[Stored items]
+ + +
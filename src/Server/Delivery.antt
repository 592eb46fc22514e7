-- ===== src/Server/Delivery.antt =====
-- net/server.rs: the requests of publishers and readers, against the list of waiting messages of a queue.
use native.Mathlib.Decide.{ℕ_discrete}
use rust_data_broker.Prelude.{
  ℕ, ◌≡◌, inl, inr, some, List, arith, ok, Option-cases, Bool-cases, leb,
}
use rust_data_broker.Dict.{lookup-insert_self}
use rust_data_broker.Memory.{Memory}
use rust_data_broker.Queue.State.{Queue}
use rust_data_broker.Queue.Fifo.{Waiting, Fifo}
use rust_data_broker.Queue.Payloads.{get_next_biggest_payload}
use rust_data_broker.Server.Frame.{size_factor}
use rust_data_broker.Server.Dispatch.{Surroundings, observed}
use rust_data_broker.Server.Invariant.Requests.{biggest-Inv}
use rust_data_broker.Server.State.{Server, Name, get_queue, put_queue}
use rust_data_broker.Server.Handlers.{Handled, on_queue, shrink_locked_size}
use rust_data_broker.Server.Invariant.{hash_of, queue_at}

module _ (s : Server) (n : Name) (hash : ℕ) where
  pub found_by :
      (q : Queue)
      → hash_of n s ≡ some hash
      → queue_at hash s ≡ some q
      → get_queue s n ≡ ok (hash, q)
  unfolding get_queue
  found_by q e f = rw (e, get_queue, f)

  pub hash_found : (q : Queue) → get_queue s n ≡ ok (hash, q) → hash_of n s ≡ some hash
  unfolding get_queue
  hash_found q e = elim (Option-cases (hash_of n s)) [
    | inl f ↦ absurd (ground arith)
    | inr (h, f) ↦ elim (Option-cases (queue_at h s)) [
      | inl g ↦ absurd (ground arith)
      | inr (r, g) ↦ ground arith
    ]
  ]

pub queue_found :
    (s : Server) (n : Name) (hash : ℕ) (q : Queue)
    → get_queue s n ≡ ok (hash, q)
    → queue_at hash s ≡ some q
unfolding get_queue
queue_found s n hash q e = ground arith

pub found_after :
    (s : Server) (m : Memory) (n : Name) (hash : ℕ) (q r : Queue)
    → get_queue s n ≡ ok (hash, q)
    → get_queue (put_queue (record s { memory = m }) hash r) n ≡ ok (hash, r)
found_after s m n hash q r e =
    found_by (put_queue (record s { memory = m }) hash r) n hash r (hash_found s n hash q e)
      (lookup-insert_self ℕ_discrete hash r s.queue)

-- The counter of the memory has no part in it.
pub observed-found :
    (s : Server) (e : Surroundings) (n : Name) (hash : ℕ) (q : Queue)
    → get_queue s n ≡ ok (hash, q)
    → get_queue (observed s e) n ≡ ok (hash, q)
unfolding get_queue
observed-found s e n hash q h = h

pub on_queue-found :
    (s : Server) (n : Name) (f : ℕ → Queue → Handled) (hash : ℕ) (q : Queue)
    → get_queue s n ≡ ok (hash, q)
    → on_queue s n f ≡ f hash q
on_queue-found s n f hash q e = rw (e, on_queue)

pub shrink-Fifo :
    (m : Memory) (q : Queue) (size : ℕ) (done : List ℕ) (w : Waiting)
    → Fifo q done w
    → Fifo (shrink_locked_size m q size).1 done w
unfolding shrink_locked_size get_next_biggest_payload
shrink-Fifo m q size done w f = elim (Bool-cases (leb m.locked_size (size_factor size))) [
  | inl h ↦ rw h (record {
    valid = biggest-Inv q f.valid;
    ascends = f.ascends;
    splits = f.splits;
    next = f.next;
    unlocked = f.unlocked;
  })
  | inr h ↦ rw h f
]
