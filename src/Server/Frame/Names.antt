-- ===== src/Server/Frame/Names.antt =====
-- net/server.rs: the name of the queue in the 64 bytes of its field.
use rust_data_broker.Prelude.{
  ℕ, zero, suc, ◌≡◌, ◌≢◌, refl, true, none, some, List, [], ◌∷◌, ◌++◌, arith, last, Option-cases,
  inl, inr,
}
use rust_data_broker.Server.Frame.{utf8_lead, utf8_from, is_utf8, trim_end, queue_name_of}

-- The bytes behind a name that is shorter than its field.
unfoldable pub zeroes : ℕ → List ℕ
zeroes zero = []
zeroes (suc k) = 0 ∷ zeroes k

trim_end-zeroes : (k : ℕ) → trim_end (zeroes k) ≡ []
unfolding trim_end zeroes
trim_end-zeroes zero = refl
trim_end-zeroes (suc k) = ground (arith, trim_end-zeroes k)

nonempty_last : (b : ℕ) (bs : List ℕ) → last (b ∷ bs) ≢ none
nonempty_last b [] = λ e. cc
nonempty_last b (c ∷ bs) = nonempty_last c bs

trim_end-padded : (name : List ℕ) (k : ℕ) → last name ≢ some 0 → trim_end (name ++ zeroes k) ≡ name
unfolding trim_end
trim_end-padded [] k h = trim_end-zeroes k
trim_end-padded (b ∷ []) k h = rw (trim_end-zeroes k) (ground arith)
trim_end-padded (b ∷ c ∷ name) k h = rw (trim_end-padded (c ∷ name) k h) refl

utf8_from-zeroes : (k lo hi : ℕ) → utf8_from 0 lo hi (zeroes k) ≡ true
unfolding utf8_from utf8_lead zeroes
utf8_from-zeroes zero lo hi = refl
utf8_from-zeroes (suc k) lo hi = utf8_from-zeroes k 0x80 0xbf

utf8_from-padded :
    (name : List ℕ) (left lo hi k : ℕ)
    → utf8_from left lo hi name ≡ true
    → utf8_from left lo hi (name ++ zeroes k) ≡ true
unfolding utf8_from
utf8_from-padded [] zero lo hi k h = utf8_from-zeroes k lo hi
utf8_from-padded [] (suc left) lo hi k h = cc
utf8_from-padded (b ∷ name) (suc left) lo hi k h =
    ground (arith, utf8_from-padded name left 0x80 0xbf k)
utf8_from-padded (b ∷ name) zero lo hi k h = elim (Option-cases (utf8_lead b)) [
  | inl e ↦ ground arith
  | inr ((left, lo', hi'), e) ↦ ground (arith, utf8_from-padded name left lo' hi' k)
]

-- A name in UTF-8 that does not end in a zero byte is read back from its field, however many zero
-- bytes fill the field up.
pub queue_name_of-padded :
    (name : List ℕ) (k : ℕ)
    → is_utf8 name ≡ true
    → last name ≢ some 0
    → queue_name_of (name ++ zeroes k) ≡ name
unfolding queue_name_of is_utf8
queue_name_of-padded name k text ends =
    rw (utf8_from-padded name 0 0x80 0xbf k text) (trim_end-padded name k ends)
+ + +
Exercise description
Lines above that include the string "Frame" need to be copied.

Answer to the problem
use rust_data_broker.Server.Frame.{size_factor}
filename src/Server/Frame/Names.antt
-- ===== src/Server/Frame/Names.antt =====
use rust_data_broker.Server.Frame.{utf8_lead, utf8_from, is_utf8, trim_end, queue_name_of}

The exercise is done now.